■ **Exercise aim**
The expected output is each line in the data below that includes the string "flag".

Content starts

-- ===== src/Pipeline/Entries.antt =====
-- verifier/pipeline/graph.go: the nodes at the entry of a rollback, and the join of a step.
use mathlib.Core.Option.{some-injective}
use zero_trust_service.Common.{
  ◌≡◌, refl, sym, subst, ◌↔◌, ◌⊎◌, inl, inr, ℕ, zero, suc, Bool, true, false, Option, none, some,
  [], ◌∷◌, ◌&&◌, ◌||◌, arith, eq_iff, if◌then◌else◌,
}
use zero_trust_service.Pipeline.Model.{When}
use zero_trust_service.Pipeline.Graph.{
  GraphNode, Pointer, info, is_rollback, rollback_container, at_rollback_entry,
}
use zero_trust_service.Pipeline.Resolve.{guard_of, on_failure, in_pipeline_rollback, or_joined}
use zero_trust_service.Pipeline.Standing.{Entry, root, starts, SeparatePlan, OrJoined}

Entry-parent :
    {n parent : GraphNode} {up rb : Pointer}
    → Entry (n ∷ parent ∷ up) rb
    → (is_rollback n ≡ true)
      ⊎ ((is_rollback n ≡ false)
          × ((((info parent).concurrent ≡ true) ⊎ ((info n).index ≡ 0)) × Entry (parent ∷ up) rb))
Entry-parent (root h) = inl h
Entry-parent (starts h f e) = inr (h, (f, e))

at_rollback_entry_iff : (p : Pointer) → (at_rollback_entry p ≡ true) ↔ ((rb : Pointer) × Entry p rb)
unfolding at_rollback_entry
at_rollback_entry_iff [] = (λ h. cc, λ (rb, e). absurd (nothing e))
  where
    nothing : {rb : Pointer} → ¬ Entry [] rb
    nothing e = elim e [ ]
at_rollback_entry_iff (n ∷ []) = (λ h. (n ∷ [], root h), λ (rb, e). single e)
  where
    single : {rb : Pointer} → Entry (n ∷ []) rb → is_rollback n ≡ true
    single (root h) = h
at_rollback_entry_iff (n ∷ parent ∷ up) =
    one_entry (is_rollback n) (info parent).concurrent (info n).index
      (at_rollback_entry (parent ∷ up)) refl refl refl (at_rollback_entry_iff (parent ∷ up))
  where
    one_entry :
        (b c : Bool) (i : ℕ) (above : Bool)
        → is_rollback n ≡ b
        → (info parent).concurrent ≡ c
        → (info n).index ≡ i
        → ((above ≡ true) ↔ ((rb : Pointer) × Entry (parent ∷ up) rb))
        → ((b || ((if c then true else elim i [ zero ↦ true | suc j ↦ false ]) && above)) ≡ true)
          ↔ ((rb : Pointer) × Entry (n ∷ parent ∷ up) rb)
    one_entry true c i above eb ec ei ih = (λ h. (n ∷ parent ∷ up, root eb), λ h. refl)
    one_entry false true i above eb ec ei ih = (
      λ h. let (rb, e) = ih.0 h in (rb, starts eb (inl ec) e),
      λ (rb, e). elim (Entry-parent e) [ inl h ↦ cc | inr x ↦ ih.1 (rb, x.1.1) ],
    )
    one_entry false false zero above eb ec ei ih = (
      λ h. let (rb, e) = ih.0 h in (rb, starts eb (inr ei) e),
      λ (rb, e). elim (Entry-parent e) [ inl h ↦ cc | inr x ↦ ih.1 (rb, x.1.1) ],
    )
    one_entry false false (suc i) above eb ec ei ih = (
      λ h. cc,
      λ (rb, e). elim (Entry-parent e) [
        | inl h ↦ cc
        | inr x ↦ elim x.1.0 [ inl g ↦ cc | inr g ↦ cc ]
      ],
    )

rollback_container-Entry : {p rb : Pointer} → Entry p rb → rollback_container p ≡ rb
unfolding rollback_container
rollback_container-Entry (root h) = rw h refl
rollback_container-Entry (starts h f e) = rw h (rollback_container-Entry e)

pub SeparatePlan-iff :
    (p : Pointer)
    → ((at_rollback_entry p && in_pipeline_rollback (rollback_container p)) ≡ true) ↔ SeparatePlan p
SeparatePlan-iff p = (
  λ h.
      let (at, of_pipeline) = both h in
      let (rb, e) = (at_rollback_entry_iff p).0 at in
      let (n, stage, up, shape, flag) =
        staged rb
          (subst (λ q. in_pipeline_rollback q ≡ true) (rollback_container-Entry e) of_pipeline) in
      (n, stage, up, subst (Entry p) shape e, flag),
  λ (rb, stage, up, e, flag).
      rw ((at_rollback_entry_iff p).1 (rb ∷ stage ∷ up, e), rollback_container-Entry e)
        (unfold in_pipeline_rollback in flag),
)
  where
    both : {a b : Bool} → (a && b) ≡ true → (a ≡ true) × (b ≡ true)
    both h = ground (arith, h)

    staged :
        (rb : Pointer)
        → in_pipeline_rollback rb ≡ true
        → (n : GraphNode) × (stage : GraphNode) × (up : Pointer) × (rb ≡ n ∷ stage ∷ up)
          × ((info stage).pipeline_rollback ≡ true)
    staged [] h = unfold in_pipeline_rollback in absurd (cc)
    staged (n ∷ []) h = unfold in_pipeline_rollback in absurd (cc)
    staged (n ∷ stage ∷ up) h = (n, stage, up, refl, unfold in_pipeline_rollback in h)

pub or_joined_iff : (p : Pointer) → (or_joined p ≡ true) ↔ OrJoined p
unfolding or_joined
or_joined_iff p = ground (arith, by_guard (guard_of p), at_rollback_entry_iff p)
  where
    by_guard :
        (o : Option When)
        → (on_failure o ≡ true)
          ↔ ((w : When) × (o ≡ some w) × ((w.status ≡ "Failure") ⊎ (w.status ≡ "All")))
    by_guard none = unfold on_failure in (λ h. cc, λ (w, e, h). cc)
    by_guard (some v) =
        unfold on_failure in
        (
          λ h. (v, refl, ground (arith, h, eq_iff v.status "Failure", eq_iff v.status "All")),
          λ (w, e, h).
              let k =
                subst (λ (u : When). (u.status ≡ "Failure") ⊎ (u.status ≡ "All"))
                  (sym (some-injective _ _ e)) h in
              ground (arith, k, eq_iff v.status "Failure", eq_iff v.status "All"),
        )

Content ends

■ **Response box**
      let (n, stage, up, shape, flag) =
      (n, stage, up, subst (Entry p) shape e, flag),
  λ (rb, stage, up, e, flag).
        (unfold in_pipeline_rollback in flag),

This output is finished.